This is followed by the operations of the quantile network, which we implemented as a perceptron with one hidden layer. The perceptron outputs the distribution of the expected reward similar to the *QR-DQN* model. But unlike the previously considered method, each possible action of the agent uses its own probability distribution. To obtain a discrete reward value, we need to multiply the reward level for each quantile by its probability. Then we should add the obtained values in the context of the agent's actions.

In our particular case, all probability deltas have already been calculated in the *cSoftMax* buffer with layer results. Now we only have to element-by-element multiply the value of the specified buffer by the result buffer of the quantile function perceptron from the *cQuantile2* neural layer. We will summarize the result of the operation in the context of the agent's possible actions.

To perform these operations, we will create a new kernel *FQF_Output*. In the kernel parameters, we will pass pointers to three data buffers: quantile function results, probability deltas and results buffer. We also indicate the number of quantiles.

We will run the kernel in a one-dimensional task space, which corresponds to the number of possible agent actions.

In the kernel body, we first request a thread identifier and determine the shift in the data buffers to the corresponding quantile distribution vector.

Next, we multiply the probability vector by the quantile distribution vector in a loop. The result of the operation is written to the corresponding result buffer.
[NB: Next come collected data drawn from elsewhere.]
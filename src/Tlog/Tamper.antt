-- ===== src/Tlog/Tamper.antt =====
-- What the chain of digests of trusted-log/ gives away about a log that was changed.
use replication_protos.Prelude.{
  some_injective, same_bytes_differ, ℕ, zero, suc, ◌+◌, ◌<◌, ◌≡◌, ◌≢◌, ◌⊎◌, ◌↔◌, inl, inr, refl, ap,
  ap₂, sym, subst, ◌∙◌, Bool-cases, true, some, List, [], ◌∷◌, ◌++◌, append_assoc, arith, Bytes,
  zeros, load, same_bytes, same_bytes_refl, same_bytes_sound, length, length-append, All, encode_le,
  decode_le, decode-encode_u32, load_fields, load_fields-concat, u32_mod, length-encode_le,
}
use replication_protos.Outcome.{ok_injective, ok}
use replication_protos.Attest.{Platform, hmac_size, hmac_key}
use replication_protos.Tlog.Log.{LogEntry, TrustedLog, entry_fields, field_sizes}
use replication_protos.Tlog.Layout.{entry_bytes, Fits, Holds}
use replication_protos.Tlog.Metadata.{log_entry, slot_size, validate_log_entry}
use replication_protos.Tlog.Chain.{IsChained, IsLog, last_bytes, validate_log_entry_lem}

-- Every digest is the code of the entry before.
abbrev pub Linked : (Bytes → Bytes → Bytes) → List LogEntry → Type 0
Linked openssl [] = Unit
Linked openssl (e ∷ []) = Unit
Linked openssl (e ∷ f ∷ fs) =
    (f.c_digest ≡ openssl hmac_key (entry_bytes e)) × Linked openssl (f ∷ fs)

module _ (openssl : Bytes → Bytes → Bytes)
    (code_size : (k m : Bytes) → length (openssl k m) ≡ hmac_size) (platform : Platform)
    (tlog : TrustedLog) (free : ℕ) where
  codes_from :
      (pre suf : List LogEntry)
      → Holds log_entry tlog (pre ++ suf) free
      → ((i : ℕ) → i < length (pre ++ suf) → validate_log_entry openssl platform i tlog ≡ ok true)
      → Linked openssl suf
  codes_from pre [] h v = tt
  codes_from pre (e ∷ []) h v = tt
  codes_from pre (e ∷ f ∷ fs) h v = (
    sym (
        same_bytes_sound (openssl hmac_key (entry_bytes e)) f.c_digest (
          ok_injective (
            sym (validate_log_entry_lem openssl code_size platform tlog pre e f fs free h)
            ∙ v (suc (length pre)) (omega (arith, length-append {0} pre (e ∷ f ∷ fs)))))),
    codes_from (pre ++ (e ∷ [])) (f ∷ fs) (subst (λ l. Holds log_entry tlog l free) regroup h) (
        subst (λ l. (i : ℕ) → i < length l → validate_log_entry openssl platform i tlog ≡ ok true)
          regroup v),
  )
    where
      regroup : pre ++ (e ∷ f ∷ fs) ≡ (pre ++ (e ∷ [])) ++ (f ∷ fs)
      regroup = sym (append_assoc pre (e ∷ []) (f ∷ fs))

  valid_from :
      (pre suf : List LogEntry)
      → Holds log_entry tlog (pre ++ suf) free
      → Linked openssl suf
      → (j : ℕ) → suc j < length suf
      → validate_log_entry openssl platform (suc (length pre + j)) tlog ≡ ok true
  valid_from pre [] h l j small = absurd (omega arith)
  valid_from pre (e ∷ []) h l j small = absurd (omega arith)
  valid_from pre (e ∷ f ∷ fs) h l zero small =
      ap (λ i. validate_log_entry openssl platform i tlog) (omega arith)
      ∙ validate_log_entry_lem openssl code_size platform tlog pre e f fs free h
      ∙ ap ok (ap (λ d. same_bytes d f.c_digest) (sym l.0) ∙ same_bytes_refl f.c_digest)
  valid_from pre (e ∷ f ∷ fs) h l (suc j) small =
      ap (λ i. validate_log_entry openssl platform i tlog) index
      ∙ valid_from (pre ++ (e ∷ [])) (f ∷ fs)
          (subst (λ k. Holds log_entry tlog k free) (sym (append_assoc pre (e ∷ []) (f ∷ fs))) h)
          l.1 j (omega arith)
    where
      index : suc (length pre + suc j) ≡ suc (length (pre ++ (e ∷ [])) + j)
      index = omega (arith, length-append {0} pre (e ∷ []))

  valid_at :
      (es : List LogEntry)
      → Holds log_entry tlog es free
      → Linked openssl es
      → (i : ℕ) → i < length es
      → validate_log_entry openssl platform i tlog ≡ ok true
  unfolding validate_log_entry
  valid_at es h l zero small = refl
  valid_at es h l (suc j) small =
      ap (λ i. validate_log_entry openssl platform i tlog) (omega arith)
      ∙ valid_from [] es h l j small

  -- On memory that holds a list of entries, validate_log_entry answers true for every index just
  -- when the digest of each entry but the first is the HMAC of the bytes of the entry before it;
  -- the first entry's digest is not looked at, and no digest covers its own entry. For an HMAC of
  -- 32 bytes.
  pub validate_log_entry-Linked :
      (es : List LogEntry)
      → Holds log_entry tlog es free
      → ((i : ℕ) → i < length es → validate_log_entry openssl platform i tlog ≡ ok true)
        ↔ Linked openssl es
  validate_log_entry-Linked es h = (codes_from [] es h, valid_at es h)

-- The entry is determined by its bytes.
sizes_of :
    (e : LogEntry)
    → Fits log_entry e
    → load_fields 0 (field_sizes log_entry) (entry_bytes e ++ []) ≡ some (entry_fields e)
sizes_of e (c, d, a, s) =
    ap (λ ns. load_fields 0 ns (entry_bytes e ++ [])) widths
    ∙ load_fields-concat (entry_fields e) 0 [] [] refl
  where
    widths :
        field_sizes log_entry
        ≡ length (encode_le 4 e.sequencer)
          ∷ length e.context
          ∷ length e.c_digest
          ∷ length e.authenticator
          ∷ []
    widths = rw (c, d, a, length-encode_le 4 e.sequencer)

abbrev rebuild : LogEntry → List Bytes → LogEntry
rebuild e (n ∷ c ∷ d ∷ a ∷ []) = record e { context = c; c_digest = d; authenticator = a }
rebuild e fs = e

abbrev first_of : List Bytes → Bytes
first_of [] = []
first_of (f ∷ fs) = f

entry_of_fields :
    (e f : LogEntry) → e.sequencer ≡ f.sequencer → entry_fields e ≡ entry_fields f → e ≡ f
entry_of_fields e f n h = ap (rebuild e) h ∙ ap (λ k. record f { sequencer = k }) n

number_of_fields :
    (e f : LogEntry)
    → e.sequencer < u32_mod
    → f.sequencer < u32_mod
    → entry_fields e ≡ entry_fields f
    → e.sequencer ≡ f.sequencer
number_of_fields e f small small' h = omega (
  arith,
  small,
  small',
  sym (decode-encode_u32 e.sequencer)
      ∙ ap (λ l. decode_le (first_of l)) h
      ∙ decode-encode_u32 f.sequencer,
)

pub entry_bytes-injective :
    (e f : LogEntry) → Fits log_entry e → Fits log_entry f → entry_bytes e ≡ entry_bytes f → e ≡ f
entry_bytes-injective e f (ec, ed, ea, es) (fc, fd, fa, fs) h =
    let same = some_injective (
      sym (sizes_of e (ec, ed, ea, es))
      ∙ ap (λ b. load_fields 0 (field_sizes log_entry) (b ++ [])) h
      ∙ sizes_of f (fc, fd, fa, fs)) in
    entry_of_fields e f (number_of_fields e f es fs same) same

-- Two different texts with the same code.
abbrev pub Collision : (Bytes → Bytes → Bytes) → Type 0
Collision openssl = (m n : Bytes) × (m ≢ n) × (openssl hmac_key m ≡ openssl hmac_key n)

module _ (openssl : Bytes → Bytes → Bytes) where
  same_code : (m n : Bytes) → openssl hmac_key m ≡ openssl hmac_key n → (m ≡ n) ⊎ Collision openssl
  same_code m n h = elim (Bool-cases (same_bytes m n)) [
    | inl e ↦ inl (same_bytes_sound m n e)
    | inr e ↦ inr (m, n, same_bytes_differ m n e, h)
  ]

  tamper_from :
      (prev prev' : Bytes) (i : ℕ) (es fs : List LogEntry)
      → length es ≡ length fs
      → All (Fits log_entry) es
      → All (Fits log_entry) fs
      → IsChained openssl prev i es
      → IsChained openssl prev' i fs
      → last_bytes prev es ≡ last_bytes prev' fs
      → ((es ≡ fs) × (prev ≡ prev')) ⊎ Collision openssl
  tamper_from prev prev' i [] [] n a b c d h = inl (refl, h)
  tamper_from prev prev' i [] (f ∷ fs) n a b c d h = absurd (omega arith)
  tamper_from prev prev' i (e ∷ es) [] n a b c d h = absurd (omega arith)
  tamper_from prev prev' i (e ∷ es) (f ∷ fs) n a b c d h =
      elim (tamper_from (entry_bytes e) (entry_bytes f) (suc i) es fs (omega (arith, n)) a.1 b.1 c.2
        d.2 h) [
          | inr k ↦ inr k
          | inl (same, bytes) ↦ cons_case same (entry_bytes-injective e f a.0 b.0 bytes)
        ]
    where
      cons_case : es ≡ fs → e ≡ f → ((e ∷ es ≡ f ∷ fs) × (prev ≡ prev')) ⊎ Collision openssl
      cons_case same first =
          elim (same_code prev prev' (sym c.0 ∙ ap (λ x. x.c_digest) first ∙ d.0)) [
            | inl p ↦ inl (ap₂ ◌∷◌ first same, p)
            | inr k ↦ inr k
          ]

  tamper_evident :
      (es fs : List LogEntry)
      → length es ≡ length fs
      → All (Fits log_entry) es
      → All (Fits log_entry) fs
      → IsChained openssl (zeros slot_size) 0 es
      → IsChained openssl (zeros slot_size) 0 fs
      → last_bytes (zeros slot_size) es ≡ last_bytes (zeros slot_size) fs
      → (es ≡ fs) ⊎ Collision openssl
  tamper_evident es fs n a b c d h =
      elim (tamper_from (zeros slot_size) (zeros slot_size) 0 es fs n a b c d h) [
        | inl (same, p) ↦ inl same
        | inr k ↦ inr k
      ]

  -- Two well-formed logs of the same length whose tails are the same bytes hold the same entries,
  -- or they contain two different texts with the same code.
  pub tail_commits :
      (log log' : TrustedLog) (es fs : List LogEntry) (free free' : ℕ)
      → IsLog openssl log es free
      → IsLog openssl log' fs free'
      → length es ≡ length fs
      → load log.tail slot_size log.mem_log ≡ load log'.tail slot_size log'.mem_log
      → (es ≡ fs) ⊎ Collision openssl
  tail_commits log log' es fs free free' v w n same =
      tamper_evident es fs n v.holds.fits w.holds.fits v.chained w.chained
        (some_injective (sym v.last ∙ same ∙ w.last))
Note that the result buffer will be significantly smaller than the original data buffers, since it only contains one discrete value for each possible action. In contrast, the source data contains a whole vector of values for each action. Accordingly, the offset in the result buffer is equal to the identifier of the current thread.
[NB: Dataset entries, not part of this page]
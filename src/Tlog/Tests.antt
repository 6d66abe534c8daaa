-- ===== src/Tlog/Tests.antt =====
-- trusted-log/ at concrete inputs, with the stand-in for the HMAC of the tests of crypto/.
use replication_protos.Prelude.{
  ℕ, ◌+◌, ◌%◌, ◌<◌, ◌≡◌, ◌↔◌, refl, true, some, List, [], ◌∷◌, ◌++◌, arith, Bytes, zeros, load,
  encode_le, length-encode_le, same_bytes, u32_mod, u64_mod,
}
use replication_protos.Outcome.{ok}
use replication_protos.Attest.{native, hmac_key}
use replication_protos.Attest.Tests.{sum_code, sum_code_size}
use replication_protos.Rpc.{reply}
use replication_protos.A2m.Layout.{length-zeros}
use replication_protos.Tlog.Log.{LogEntry, TrustedLog}
use replication_protos.Tlog.Layout.{Fits}
use replication_protos.Tlog.Metadata.{
  Metadata, log_entry, batch_count, last_log_seq, add_log_seq, log, log_audit, validate_log_entry,
}
use replication_protos.Tlog.Chain.{IsLog, init-IsLog, logged_entry, log-IsLog}
use replication_protos.Tlog.Tamper.{Linked, validate_log_entry-Linked}
use replication_protos.Tlog.Audit.{Audited}
use replication_protos.Tlog.Accepts.{audited_to, log_audit-Audited}
use replication_protos.Tlog.Node.{
  AppContext, Uninit, bad_mac, emit, emit_unless, cont_func_prp, req_handler_prp,
}
use replication_protos.Tlog.Reply.{
  IsUninit, reply_text, length-reply_text, sent_ack, packet, req_handler_prp-IsLog,
}
use replication_protos.Tlog.Exchange.{log_audit-cont_func_prp}
use replication_protos.Tlog.Run.{new_metadata, new_context}

abbrev zero_entry : LogEntry
zero_entry = record {
  sequencer = 0;
  context = zeros 208;
  c_digest = zeros 32;
  authenticator = zeros 32;
}

zero_entry-Fits : Fits log_entry zero_entry
zero_entry-Fits = (length-zeros 208, length-zeros 32, length-zeros 32, omega arith)

-- The metadata of a run of one request, whose log has room for three entries.
abbrev meta : Metadata
meta = new_metadata 1

starts : IsLog sum_code meta.tlog [] 3
unfolding new_metadata
starts = init-IsLog sum_code 832 2 (omega arith)

abbrev action : Bytes
action = 7 ∷ 8 ∷ []

log-IsLog_example :
    (tlog : TrustedLog) × (log sum_code native action (zeros 32) zero_entry meta
      ≡ ok (true, record meta { tlog = tlog }))
    × IsLog sum_code tlog
        (logged_entry sum_code sum_code_size native action (zeros 32) zero_entry [] ∷ [])
        2
log-IsLog_example =
    log-IsLog sum_code sum_code_size native action (zeros 32) zero_entry meta [] 2 starts
      zero_entry-Fits (omega arith) (length-zeros 32)

abbrev first_entry : LogEntry
first_entry = logged_entry sum_code sum_code_size native action (zeros 32) zero_entry []

-- The log with one entry.
action_logged :
    (tlog : TrustedLog) × (log sum_code native action (zeros 32) zero_entry meta
      ≡ ok (true, record meta { tlog = tlog }))
    × IsLog sum_code tlog (first_entry ∷ []) 2
action_logged =
    log-IsLog sum_code sum_code_size native action (zeros 32) zero_entry meta [] 2 starts
      zero_entry-Fits (omega arith) (length-zeros 32)

abbrev one_tlog : TrustedLog
one_tlog = action_logged.0

one_IsLog : IsLog sum_code one_tlog (first_entry ∷ []) 2
one_IsLog = action_logged.2

abbrev action2 : Bytes
action2 = 9 ∷ []

abbrev second_entry : LogEntry
second_entry =
    logged_entry sum_code sum_code_size native action2 (zeros 32) zero_entry (first_entry ∷ [])

-- The log with a second entry.
both_logged :
    (tlog : TrustedLog) × (log sum_code native action2
        (zeros 32)
        zero_entry
        (record meta { tlog = one_tlog })
      ≡ ok (true, record meta { tlog = tlog }))
    × IsLog sum_code tlog (first_entry ∷ second_entry ∷ []) 1
both_logged =
    log-IsLog sum_code sum_code_size native action2 (zeros 32) zero_entry
      (record meta { tlog = one_tlog }) (first_entry ∷ []) 1 one_IsLog zero_entry-Fits (omega arith)
      (length-zeros 32)

abbrev two_tlog : TrustedLog
two_tlog = both_logged.0

two_IsLog : IsLog sum_code two_tlog (first_entry ∷ second_entry ∷ []) 1
two_IsLog = both_logged.2

validate_log_entry-Linked_example :
    ((i : ℕ) → i < 2 → validate_log_entry sum_code native i two_tlog ≡ ok true)
    ↔ Linked sum_code (first_entry ∷ second_entry ∷ [])
validate_log_entry-Linked_example =
    validate_log_entry-Linked sum_code sum_code_size native two_tlog 1
      (first_entry ∷ second_entry ∷ []) two_IsLog.holds

-- A follower whose response's buffer is zeroed.
abbrev uninit : Uninit
uninit = record {
  entry = zero_entry;
  ack = record {
    ack = 0 ∷ [];
    output = zeros 16;
    cmt = 0;
    sender = 0;
    state = zeros 32;
    cmd = zeros 16;
  };
  resp = zeros 108;
}

uninit-IsUninit : IsUninit uninit (zeros 76)
uninit-IsUninit = record {
  entry_fits = zero_entry-Fits;
  output_fits = length-zeros 16;
  stale_size = length-zeros 76;
  room = zeros 32;
  room_size = length-zeros 32;
  more = [];
  resp_holds = refl;
}

abbrev node_ctx : ℕ → AppContext
node_ctx id = new_context 1 id 0

node_starts : (id : ℕ) → IsLog sum_code (node_ctx id).metadata.tlog [] 3
unfolding new_context
node_starts id = starts

-- The text is not signed: the code is zero.
abbrev claimed : Bytes
claimed = encode_le 208 5

req_handler_prp-IsLog_example :
    (metadata : Metadata) × (req_handler_prp sum_code native
        (claimed ++ zeros 32)
        uninit
        (node_ctx 1)
      ≡ ok (
          emit
            (reply (
              packet sum_code sum_code_size native (
                reply_text
                  (sent_ack
                    (((node_ctx 1).metadata.cmt_idx + 1) % u32_mod)
                    (node_ctx 1).node_id
                    uninit.ack)
                  (zeros 76))))
            (emit_unless
              (same_bytes (sum_code hmac_key claimed) (zeros 32))
              bad_mac
              (record (node_ctx 1) {
                metadata = metadata;
                prp_count = ((node_ctx 1).prp_count + 1) % u64_mod;
              }))))
    × (metadata.cmt_idx ≡ ((node_ctx 1).metadata.cmt_idx + 1) % u32_mod)
    × IsLog sum_code metadata.tlog
        (logged_entry sum_code sum_code_size native claimed (zeros 32) zero_entry [] ∷ [])
        2
req_handler_prp-IsLog_example =
    req_handler_prp-IsLog sum_code sum_code_size native claimed (zeros 32) (zeros 76) uninit
      (node_ctx 1) [] 2 (length-encode_le 208 5) (length-zeros 32) uninit-IsUninit (node_starts 1)

nothing_audited : (node_ctx 0).metadata.last_state_cmt ≡ 0
unfolding new_context new_metadata
nothing_audited = refl

log_audit-cont_func_prp_example :
    (tlog : TrustedLog) × (cont_func_prp sum_code native
        (packet sum_code sum_code_size native (reply_text (sent_ack 1 2 uninit.ack) (zeros 76)))
        zero_entry
        (node_ctx 0)
      ≡ ok (record (node_ctx 0) {
        metadata = record (node_ctx 0).metadata { tlog = tlog };
        count_replies = ((node_ctx 0).count_replies + 1) % u32_mod;
      }))
    × (((m : Metadata) × (log_audit sum_code native true
              (record (node_ctx 0).metadata { tlog = tlog })
            ≡ ok m))
        ↔ ((load 53 16 (zeros 76) ≡ some (zeros 16))
            × (last_log_seq 2 (add_log_seq 2 batch_count (node_ctx 0).metadata.witness_meta) ≡ 1)))
log_audit-cont_func_prp_example =
    log_audit-cont_func_prp sum_code sum_code_size native 1 uninit (zeros 76) 2 zero_entry
      (node_ctx 0) [] 2 (omega arith) (omega arith) uninit-IsUninit zero_entry-Fits (node_starts 0)
      nothing_audited

-- The leader's log with the response of follower 1.
abbrev answer : Bytes
answer = reply_text (sent_ack 1 1 uninit.ack) (zeros 76)

answer_logged :
    (tlog : TrustedLog) × (log sum_code native answer (zeros 32) zero_entry meta
      ≡ ok (true, record meta { tlog = tlog }))
    × IsLog sum_code tlog
        (logged_entry sum_code sum_code_size native answer (zeros 32) zero_entry [] ∷ [])
        2
answer_logged =
    log-IsLog sum_code sum_code_size native answer (zeros 32) zero_entry meta [] 2 starts
      zero_entry-Fits
      (omega
        (arith, length-reply_text 1 1 uninit.ack (zeros 76) (length-zeros 16) (length-zeros 76)))
      (length-zeros 32)

abbrev answered : Metadata
answered = record meta { tlog = answer_logged.0 }

none_yet : answered.last_state_cmt ≡ 0
unfolding new_metadata
none_yet = refl

log_audit-Audited_example :
    (log_audit sum_code native true answered ≡ ok (audited_to ((1, 1) ∷ (2, 0) ∷ []) 1 answered))
    ↔ ((w : List (ℕ × ℕ)) × Audited answered.witness_meta
          (logged_entry sum_code sum_code_size native answer (zeros 32) zero_entry [] ∷ [])
          w
        × (audited_to ((1, 1) ∷ (2, 0) ∷ []) 1 answered ≡ audited_to w 1 answered))
log_audit-Audited_example =
    log_audit-Audited sum_code sum_code_size native answered
      (audited_to ((1, 1) ∷ (2, 0) ∷ []) 1 answered) []
      (logged_entry sum_code sum_code_size native answer (zeros 32) zero_entry [] ∷ []) 2
      answer_logged.2.holds none_yet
__kernel void FQF_Output(__global float* quantiles, __global float* delta_taus, __global float* output, uint total) { size_t action = get_global_id(0); int shift = action * total; //--- float result = 0; for(int i = 0; i < total; i++) result += quantiles[shift + i] * delta_taus[shift + i]; output[action] = result; }

We have discussed the entire feed forward algorithm *FQF* and have created the missing kernels. Now we can return to our class and reproduce the whole algorithm using *MQL5*. As usual, to perform the feed forward pass, we override the *CNeuronFQF::feedForward* method.
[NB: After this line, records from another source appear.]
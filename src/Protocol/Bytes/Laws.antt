-- ===== src/Protocol/Bytes/Laws.antt =====
-- Laws of the buffers of Protocol/Bytes.antt: filling a fresh buffer from the left, and lists of
-- bytes under `take` and `drop`.
use edge_ipc_daemon.Prelude.{
  ℕ, zero, suc, ◌+◌, ◌<◌, ◌^◌, get_or, ◌≡◌, refl, ap, sym, ◌∙◌, List, [], ◌∷◌, ◌++◌, some, none,
  true, arith, length, take, leb, le→leb, drop, replicate, length-append, length-replicate,
}
use mathlib.Core.List.{append_assoc}
use edge_ipc_daemon.Protocol.Bytes.{write, AllBytes, read32}

pub AllBytes-append : (xs ys : List ℕ) → AllBytes xs → AllBytes ys → AllBytes (xs ++ ys)
AllBytes-append [] ys h k = k
AllBytes-append (x ∷ xs) ys h k = (h.0, AllBytes-append xs ys h.1 k)

module _ {ℓ} {A : Type ℓ} where
  pub take-append_length : (n : ℕ) (xs ys : List A) → length xs ≡ n → take n (xs ++ ys) ≡ xs
  take-append_length zero [] ys h = refl
  take-append_length zero (x ∷ xs) ys h = absurd (omega arith)
  take-append_length (suc n) [] ys h = absurd (omega arith)
  take-append_length (suc n) (x ∷ xs) ys h =
      ap (λ t. x ∷ t) (take-append_length n xs ys (omega arith))

  pub drop-append_length : (n : ℕ) (xs ys : List A) → length xs ≡ n → drop n (xs ++ ys) ≡ ys
  drop-append_length zero [] ys h = refl
  drop-append_length zero (x ∷ xs) ys h = absurd (omega arith)
  drop-append_length (suc n) [] ys h = absurd (omega arith)
  drop-append_length (suc n) (x ∷ xs) ys h = drop-append_length n xs ys (omega arith)

  pub take_all : (n : ℕ) (xs : List A) → length xs ≡ n → take n xs ≡ xs
  take_all n xs h = ap (take n) (append-nil' xs) ∙ take-append_length n xs [] h
    where
      append-nil' : (ys : List A) → ys ≡ ys ++ []
      append-nil' [] = refl
      append-nil' (y ∷ ys) = ap (λ t. y ∷ t) (append-nil' ys)

  pub replicate-add : (n m : ℕ) (a : A) → replicate (n + m) a ≡ replicate n a ++ replicate m a
  replicate-add zero m a = let e : zero + m ≡ m = omega arith in ap (λ k. replicate k a) e
  replicate-add (suc n) m a =
      let e : suc n + m ≡ suc (n + m) = omega arith in
      ap (λ k. replicate k a) e ∙ ap (λ t. a ∷ t) (replicate-add n m a)

-- A write over bytes of the same number replaces those.
pub write_over :
    (done old bytes rest : List ℕ) (off : ℕ)
    → length done ≡ off
    → length old ≡ length bytes
    → write (done ++ (old ++ rest)) off bytes ≡ some (done ++ (bytes ++ rest))
unfolding write
write_over done old bytes rest off h k =
    rw (fits, take-append_length off done (old ++ rest) h, tail) refl
  where
    total : length (done ++ (old ++ rest)) ≡ off + length bytes + length rest
    total = omega (arith, length-append done (old ++ rest), length-append old rest)

    fits : leb (off + length bytes) (length (done ++ (old ++ rest))) ≡ true
    fits = le→leb _ _ (omega (arith, total))

    tail : drop (off + length bytes) (done ++ (old ++ rest)) ≡ rest
    tail =
        ap (drop (off + length bytes)) (sym (append_assoc done old rest))
        ∙ drop-append_length (off + length bytes) (done ++ old) rest
            (omega (arith, length-append done old))

-- The next `n` bytes of a buffer that is filled up to `done`.
pub write_next :
    (done bytes : List ℕ) (off n m : ℕ)
    → length done ≡ off
    → length bytes ≡ n
    → write (done ++ replicate (n + m) 0) off bytes ≡ some ((done ++ bytes) ++ replicate m 0)
write_next done bytes off n m h k =
    rw (replicate-add n m (let z : ℕ = 0 in z), append_assoc done bytes (replicate m 0))
      (write_over done (replicate n 0) bytes (replicate m 0) off h
        (omega (arith, length-replicate {0} {A = ℕ} n 0)))

-- A write that does not fit is refused.
pub write_beyond :
    (buf bytes : List ℕ) (off : ℕ) → length buf < off + length bytes → write buf off bytes ≡ none
unfolding write
write_beyond buf bytes off h = ground arith

pub get_or-lt : (bs : List ℕ) (i : ℕ) → AllBytes bs → get_or bs i 0 < 256
get_or-lt [] i h = omega arith
get_or-lt (b ∷ bs) zero h = h.0
get_or-lt (b ∷ bs) (suc i) h = get_or-lt bs i h.1

pub read32-lt : (bs : List ℕ) (off : ℕ) → AllBytes bs → read32 bs off < 2 ^ 32
unfolding read32
read32-lt bs off h = omega (
  arith,
  get_or-lt bs off h,
  get_or-lt bs (off + 1) h,
  get_or-lt bs (off + 2) h,
  get_or-lt bs (off + 3) h,
)

get_or-take : (n i : ℕ) (bs : List ℕ) → i < n → get_or (take n bs) i 0 ≡ get_or bs i 0
get_or-take zero i bs h = absurd (omega arith)
get_or-take (suc n) i [] h = refl
get_or-take (suc n) zero (b ∷ bs) h = refl
get_or-take (suc n) (suc i) (b ∷ bs) h = get_or-take n i bs (omega arith)

pub read32-take : (n off : ℕ) (bs : List ℕ) → off + 3 < n → read32 (take n bs) off ≡ read32 bs off
unfolding read32
read32-take n off bs h = omega (
  arith,
  get_or-take n off bs (omega arith),
  get_or-take n (off + 1) bs (omega arith),
  get_or-take n (off + 2) bs (omega arith),
  get_or-take n (off + 3) bs (omega arith),
)

pub take-add {ℓ} :
    {A : Type ℓ} (n m : ℕ) (xs : List A) → take (n + m) xs ≡ take n xs ++ take m (drop n xs)
take-add zero m xs = let e : zero + m ≡ m = omega arith in ap (λ k. take k xs) e
take-add {A} (suc n) m [] = let e : suc n + m ≡ suc (n + m) = omega arith in rw e (take-nil m)
  where
    take-nil : (k : ℕ) → ◌≡◌ {A = List A} [] (take k [])
    take-nil zero = refl
    take-nil (suc k) = refl
take-add (suc n) m (x ∷ xs) =
    let e : suc n + m ≡ suc (n + m) = omega arith in
    ap (λ k. take k (x ∷ xs)) e ∙ ap (λ t. x ∷ t) (take-add n m xs)

pub drop-add {ℓ} : {A : Type ℓ} (n m : ℕ) (xs : List A) → drop m (drop n xs) ≡ drop (n + m) xs
drop-add zero m xs = let e : m ≡ zero + m = omega arith in ap (λ k. drop k xs) e
drop-add {A} (suc n) m [] = let e : suc n + m ≡ suc (n + m) = omega arith in rw e (drop-nil m)
  where
    drop-nil : (k : ℕ) → ◌≡◌ {A = List A} (drop k []) []
    drop-nil zero = refl
    drop-nil (suc k) = refl
drop-add (suc n) m (x ∷ xs) =
    let e : suc (n + m) ≡ suc n + m = omega arith in drop-add n m xs ∙ ap (λ k. drop k (x ∷ xs)) e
The feed forward method receives in parameters a pointer to the previous neural layer, the result buffer of which (according to our expectations) contains the embedding of the current system state.

We do not create a source data control block in the method body. Instead, we call feed forward methods of inner neural layers *cFraction* and *cSoftMax*. Exclusion of the source data control block in this case does not carry any risks, since each of the called methods has its own control block. We just need to check the results of the called methods.

bool CNeuronFQF::feedForward(CNeuronBaseOCL *NeuronOCL) { if(!cFraction.FeedForward(NeuronOCL)) return false; if(!cSoftMax.FeedForward(GetPointer(cFraction))) return false;

Next, we have to create an embedding of probabilistic levels of quantiles. Here we first call the above created data preparation kernel *FQF_Cosine*. This kernel runs in a two-dimensional task space. In the first dimension, we indicate the number of quantiles. The second dimension is the number of possible agent actions.

Note that we have not created internal variables for the specified hyperparameters. But the size of the result buffer of our *CNeuronFQF* layer is equal to the number of possible agent actions. And we can define the number of quantiles as the ratio of the *cSoftMax* layer results buffer to the number of actions.

Pass pointers to buffers to the kernel parameters and add the kernel to the execution queue. Do not forget to control operations at each step.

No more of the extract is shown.